Your answer should consist only of the lines below from the one with "filename src/Srvenv/Choice.antt" through the one with "provide_session_backend_for-is_set cfg s", copied exactly.

RECORDS SUPPLIED:
*** Block opens ***
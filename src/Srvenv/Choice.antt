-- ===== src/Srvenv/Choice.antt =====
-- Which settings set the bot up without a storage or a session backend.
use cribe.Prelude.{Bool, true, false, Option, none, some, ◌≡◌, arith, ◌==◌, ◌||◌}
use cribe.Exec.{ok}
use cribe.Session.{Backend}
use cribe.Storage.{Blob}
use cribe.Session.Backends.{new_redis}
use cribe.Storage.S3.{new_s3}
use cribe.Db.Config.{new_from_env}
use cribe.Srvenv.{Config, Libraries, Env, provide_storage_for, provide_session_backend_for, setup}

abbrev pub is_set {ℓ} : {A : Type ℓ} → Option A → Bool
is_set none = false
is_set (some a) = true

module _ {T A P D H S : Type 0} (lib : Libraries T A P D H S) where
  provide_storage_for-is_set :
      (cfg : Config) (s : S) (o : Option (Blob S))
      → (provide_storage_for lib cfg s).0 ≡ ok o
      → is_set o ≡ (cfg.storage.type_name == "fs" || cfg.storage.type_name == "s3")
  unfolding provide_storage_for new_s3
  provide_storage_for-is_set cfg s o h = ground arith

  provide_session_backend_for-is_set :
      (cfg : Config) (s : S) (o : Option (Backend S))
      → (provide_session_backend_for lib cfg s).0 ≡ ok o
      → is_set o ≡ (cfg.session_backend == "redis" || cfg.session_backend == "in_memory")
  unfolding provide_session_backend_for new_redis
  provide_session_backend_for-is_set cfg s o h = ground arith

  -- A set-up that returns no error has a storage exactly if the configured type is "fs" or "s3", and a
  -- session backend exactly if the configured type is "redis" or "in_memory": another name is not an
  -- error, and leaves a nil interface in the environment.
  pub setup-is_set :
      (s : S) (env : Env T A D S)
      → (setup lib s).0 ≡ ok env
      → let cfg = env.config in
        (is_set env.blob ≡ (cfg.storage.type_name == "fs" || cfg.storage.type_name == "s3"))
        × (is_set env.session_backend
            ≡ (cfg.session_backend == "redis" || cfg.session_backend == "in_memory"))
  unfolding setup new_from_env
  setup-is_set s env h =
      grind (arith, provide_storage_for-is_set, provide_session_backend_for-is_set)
*** Block closes ***
*** Block opens ***
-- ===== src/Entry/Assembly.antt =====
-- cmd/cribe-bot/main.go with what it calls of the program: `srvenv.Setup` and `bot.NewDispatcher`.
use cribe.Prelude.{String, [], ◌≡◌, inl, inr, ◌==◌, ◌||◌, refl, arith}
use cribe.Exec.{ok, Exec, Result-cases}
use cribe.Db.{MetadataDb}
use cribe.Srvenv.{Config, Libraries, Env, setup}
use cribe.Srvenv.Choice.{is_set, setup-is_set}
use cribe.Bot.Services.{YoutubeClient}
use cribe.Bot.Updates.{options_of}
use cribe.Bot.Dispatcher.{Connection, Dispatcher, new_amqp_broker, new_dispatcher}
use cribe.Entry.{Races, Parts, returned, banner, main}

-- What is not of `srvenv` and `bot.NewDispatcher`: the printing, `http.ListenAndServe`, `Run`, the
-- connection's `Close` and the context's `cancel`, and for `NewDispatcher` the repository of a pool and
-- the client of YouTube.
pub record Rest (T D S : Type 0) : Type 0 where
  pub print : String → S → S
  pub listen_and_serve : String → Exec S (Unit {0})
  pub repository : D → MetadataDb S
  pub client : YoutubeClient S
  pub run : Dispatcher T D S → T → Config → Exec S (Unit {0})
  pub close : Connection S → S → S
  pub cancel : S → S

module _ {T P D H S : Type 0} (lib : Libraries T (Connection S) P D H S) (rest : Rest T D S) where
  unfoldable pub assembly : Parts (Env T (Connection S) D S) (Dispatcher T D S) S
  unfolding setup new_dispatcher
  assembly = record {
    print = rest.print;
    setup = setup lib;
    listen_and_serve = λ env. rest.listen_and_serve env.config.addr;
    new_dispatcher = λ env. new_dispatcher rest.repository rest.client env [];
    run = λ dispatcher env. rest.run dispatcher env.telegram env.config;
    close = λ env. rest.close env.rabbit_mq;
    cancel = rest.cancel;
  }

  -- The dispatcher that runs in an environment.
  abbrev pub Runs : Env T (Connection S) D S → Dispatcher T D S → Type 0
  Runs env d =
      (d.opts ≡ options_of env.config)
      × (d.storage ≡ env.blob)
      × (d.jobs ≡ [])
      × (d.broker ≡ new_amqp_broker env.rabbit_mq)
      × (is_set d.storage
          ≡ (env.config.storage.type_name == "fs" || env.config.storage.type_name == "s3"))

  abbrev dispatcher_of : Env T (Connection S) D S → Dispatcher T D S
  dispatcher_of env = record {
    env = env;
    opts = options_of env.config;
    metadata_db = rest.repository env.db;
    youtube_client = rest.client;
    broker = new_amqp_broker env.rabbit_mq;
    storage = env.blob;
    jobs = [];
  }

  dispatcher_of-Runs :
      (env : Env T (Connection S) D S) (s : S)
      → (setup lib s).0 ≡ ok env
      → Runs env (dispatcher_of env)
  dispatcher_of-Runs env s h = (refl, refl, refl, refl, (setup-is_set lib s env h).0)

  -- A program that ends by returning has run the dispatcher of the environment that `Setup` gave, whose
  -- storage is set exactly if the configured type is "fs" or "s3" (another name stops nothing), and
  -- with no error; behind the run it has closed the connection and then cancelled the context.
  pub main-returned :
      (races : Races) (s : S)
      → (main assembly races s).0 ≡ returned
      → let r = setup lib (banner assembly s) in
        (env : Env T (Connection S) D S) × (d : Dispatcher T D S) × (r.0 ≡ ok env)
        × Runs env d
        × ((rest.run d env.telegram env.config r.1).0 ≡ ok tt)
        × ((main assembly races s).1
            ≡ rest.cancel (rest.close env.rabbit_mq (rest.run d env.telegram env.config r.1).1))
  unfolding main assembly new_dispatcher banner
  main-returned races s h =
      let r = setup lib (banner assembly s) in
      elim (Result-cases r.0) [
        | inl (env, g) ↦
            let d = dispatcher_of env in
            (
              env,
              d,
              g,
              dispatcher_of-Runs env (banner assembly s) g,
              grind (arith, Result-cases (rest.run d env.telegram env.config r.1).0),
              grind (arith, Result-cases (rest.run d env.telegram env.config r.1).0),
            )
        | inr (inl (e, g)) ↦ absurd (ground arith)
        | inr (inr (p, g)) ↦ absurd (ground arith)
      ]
*** Block closes ***
*** Block opens ***
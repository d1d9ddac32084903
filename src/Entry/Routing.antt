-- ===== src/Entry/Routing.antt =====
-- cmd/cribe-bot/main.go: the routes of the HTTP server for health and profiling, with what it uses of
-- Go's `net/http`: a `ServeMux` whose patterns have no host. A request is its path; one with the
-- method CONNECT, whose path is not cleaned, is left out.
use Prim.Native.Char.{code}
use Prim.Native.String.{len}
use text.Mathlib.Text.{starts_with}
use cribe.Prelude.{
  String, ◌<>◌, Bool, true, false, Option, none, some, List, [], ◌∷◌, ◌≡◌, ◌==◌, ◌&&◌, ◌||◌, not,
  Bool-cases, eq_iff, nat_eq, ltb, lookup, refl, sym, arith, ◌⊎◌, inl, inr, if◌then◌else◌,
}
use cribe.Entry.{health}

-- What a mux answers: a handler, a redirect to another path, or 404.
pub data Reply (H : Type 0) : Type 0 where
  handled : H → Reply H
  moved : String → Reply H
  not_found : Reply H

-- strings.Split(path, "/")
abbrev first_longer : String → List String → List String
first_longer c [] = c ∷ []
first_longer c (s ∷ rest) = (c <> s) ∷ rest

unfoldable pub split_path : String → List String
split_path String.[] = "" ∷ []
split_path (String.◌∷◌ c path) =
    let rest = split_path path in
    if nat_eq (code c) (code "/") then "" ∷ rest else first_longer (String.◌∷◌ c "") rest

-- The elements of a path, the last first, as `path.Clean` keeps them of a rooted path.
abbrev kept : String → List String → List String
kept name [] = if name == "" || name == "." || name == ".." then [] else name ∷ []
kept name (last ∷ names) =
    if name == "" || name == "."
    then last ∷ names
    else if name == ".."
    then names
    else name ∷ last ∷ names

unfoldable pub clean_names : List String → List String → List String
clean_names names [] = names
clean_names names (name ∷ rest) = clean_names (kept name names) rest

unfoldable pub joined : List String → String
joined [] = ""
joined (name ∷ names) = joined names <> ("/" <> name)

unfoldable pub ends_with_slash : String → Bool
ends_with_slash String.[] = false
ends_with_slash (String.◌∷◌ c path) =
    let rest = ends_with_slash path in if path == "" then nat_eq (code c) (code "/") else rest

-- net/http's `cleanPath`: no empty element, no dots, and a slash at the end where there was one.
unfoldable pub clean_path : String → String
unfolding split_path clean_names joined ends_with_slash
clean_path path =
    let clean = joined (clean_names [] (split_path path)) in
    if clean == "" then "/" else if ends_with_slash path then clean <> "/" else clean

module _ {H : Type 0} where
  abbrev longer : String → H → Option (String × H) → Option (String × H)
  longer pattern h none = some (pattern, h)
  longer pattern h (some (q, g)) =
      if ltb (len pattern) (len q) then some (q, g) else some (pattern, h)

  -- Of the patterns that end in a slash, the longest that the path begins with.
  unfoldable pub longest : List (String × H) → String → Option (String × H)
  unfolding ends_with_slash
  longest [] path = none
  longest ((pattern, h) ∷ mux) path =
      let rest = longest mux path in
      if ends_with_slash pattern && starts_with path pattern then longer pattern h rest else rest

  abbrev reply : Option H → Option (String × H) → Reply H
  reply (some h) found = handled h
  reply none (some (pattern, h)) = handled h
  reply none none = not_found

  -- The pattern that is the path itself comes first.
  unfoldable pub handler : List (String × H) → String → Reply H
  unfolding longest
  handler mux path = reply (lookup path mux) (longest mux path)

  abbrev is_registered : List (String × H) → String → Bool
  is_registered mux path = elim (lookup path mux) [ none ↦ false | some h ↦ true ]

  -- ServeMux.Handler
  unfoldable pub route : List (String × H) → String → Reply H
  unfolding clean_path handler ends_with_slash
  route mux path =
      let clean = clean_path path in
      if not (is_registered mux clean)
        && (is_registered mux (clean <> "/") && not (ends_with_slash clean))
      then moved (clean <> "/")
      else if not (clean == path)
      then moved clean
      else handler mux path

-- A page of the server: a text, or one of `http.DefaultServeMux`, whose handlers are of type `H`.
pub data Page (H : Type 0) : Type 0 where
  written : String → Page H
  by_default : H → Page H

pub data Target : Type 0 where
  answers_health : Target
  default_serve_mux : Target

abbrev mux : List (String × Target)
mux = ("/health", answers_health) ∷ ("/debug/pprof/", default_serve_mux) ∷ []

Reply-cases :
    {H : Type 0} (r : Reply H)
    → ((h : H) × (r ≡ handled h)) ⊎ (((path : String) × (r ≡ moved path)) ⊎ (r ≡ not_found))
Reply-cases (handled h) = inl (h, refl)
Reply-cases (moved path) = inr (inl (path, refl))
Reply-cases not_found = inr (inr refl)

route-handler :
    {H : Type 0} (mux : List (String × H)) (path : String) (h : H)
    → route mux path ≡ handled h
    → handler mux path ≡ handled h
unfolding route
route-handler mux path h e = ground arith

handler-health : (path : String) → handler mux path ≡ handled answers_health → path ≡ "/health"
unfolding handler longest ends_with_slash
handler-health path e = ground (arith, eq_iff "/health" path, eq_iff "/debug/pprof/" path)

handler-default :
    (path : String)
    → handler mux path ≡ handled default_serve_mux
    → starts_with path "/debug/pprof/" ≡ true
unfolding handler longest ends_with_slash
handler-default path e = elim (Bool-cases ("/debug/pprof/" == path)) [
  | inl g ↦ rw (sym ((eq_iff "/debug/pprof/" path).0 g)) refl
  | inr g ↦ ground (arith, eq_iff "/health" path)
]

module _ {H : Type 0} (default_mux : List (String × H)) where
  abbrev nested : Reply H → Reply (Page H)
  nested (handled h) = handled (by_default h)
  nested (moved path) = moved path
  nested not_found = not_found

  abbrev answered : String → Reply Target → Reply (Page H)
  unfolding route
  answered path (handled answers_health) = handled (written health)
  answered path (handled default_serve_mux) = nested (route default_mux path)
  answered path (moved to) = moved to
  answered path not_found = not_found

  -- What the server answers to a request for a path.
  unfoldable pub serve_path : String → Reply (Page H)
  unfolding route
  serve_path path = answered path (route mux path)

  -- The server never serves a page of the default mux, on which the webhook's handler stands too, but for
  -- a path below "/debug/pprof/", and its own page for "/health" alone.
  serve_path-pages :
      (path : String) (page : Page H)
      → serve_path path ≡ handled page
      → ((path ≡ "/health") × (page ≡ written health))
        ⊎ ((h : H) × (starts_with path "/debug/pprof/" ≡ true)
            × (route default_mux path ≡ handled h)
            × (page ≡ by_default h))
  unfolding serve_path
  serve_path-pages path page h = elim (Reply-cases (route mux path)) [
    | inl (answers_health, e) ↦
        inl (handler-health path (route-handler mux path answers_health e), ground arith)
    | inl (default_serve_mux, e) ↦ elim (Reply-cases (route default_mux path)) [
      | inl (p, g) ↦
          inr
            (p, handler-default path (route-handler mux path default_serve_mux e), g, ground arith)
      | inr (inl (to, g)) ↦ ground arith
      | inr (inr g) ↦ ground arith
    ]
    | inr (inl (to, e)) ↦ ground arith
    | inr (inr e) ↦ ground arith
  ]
*** Block closes ***
ANSWER FOR THIS EXERCISE:
filename src/Srvenv/Choice.antt
-- ===== src/Srvenv/Choice.antt =====
-- Which settings set the bot up without a storage or a session backend.
use cribe.Prelude.{Bool, true, false, Option, none, some, ◌≡◌, arith, ◌==◌, ◌||◌}
use cribe.Exec.{ok}
use cribe.Session.{Backend}
use cribe.Storage.{Blob}
use cribe.Session.Backends.{new_redis}
use cribe.Storage.S3.{new_s3}
use cribe.Db.Config.{new_from_env}
use cribe.Srvenv.{Config, Libraries, Env, provide_storage_for, provide_session_backend_for, setup}

abbrev pub is_set {ℓ} : {A : Type ℓ} → Option A → Bool
is_set none = false
is_set (some a) = true

module _ {T A P D H S : Type 0} (lib : Libraries T A P D H S) where
  provide_storage_for-is_set :
      (cfg : Config) (s : S) (o : Option (Blob S))
      → (provide_storage_for lib cfg s).0 ≡ ok o
      → is_set o ≡ (cfg.storage.type_name == "fs" || cfg.storage.type_name == "s3")
  unfolding provide_storage_for new_s3
  provide_storage_for-is_set cfg s o h = ground arith

  provide_session_backend_for-is_set :
      (cfg : Config) (s : S) (o : Option (Backend S))
      → (provide_session_backend_for lib cfg s).0 ≡ ok o
      → is_set o ≡ (cfg.session_backend == "redis" || cfg.session_backend == "in_memory")
  unfolding provide_session_backend_for new_redis
  provide_session_backend_for-is_set cfg s o h = ground arith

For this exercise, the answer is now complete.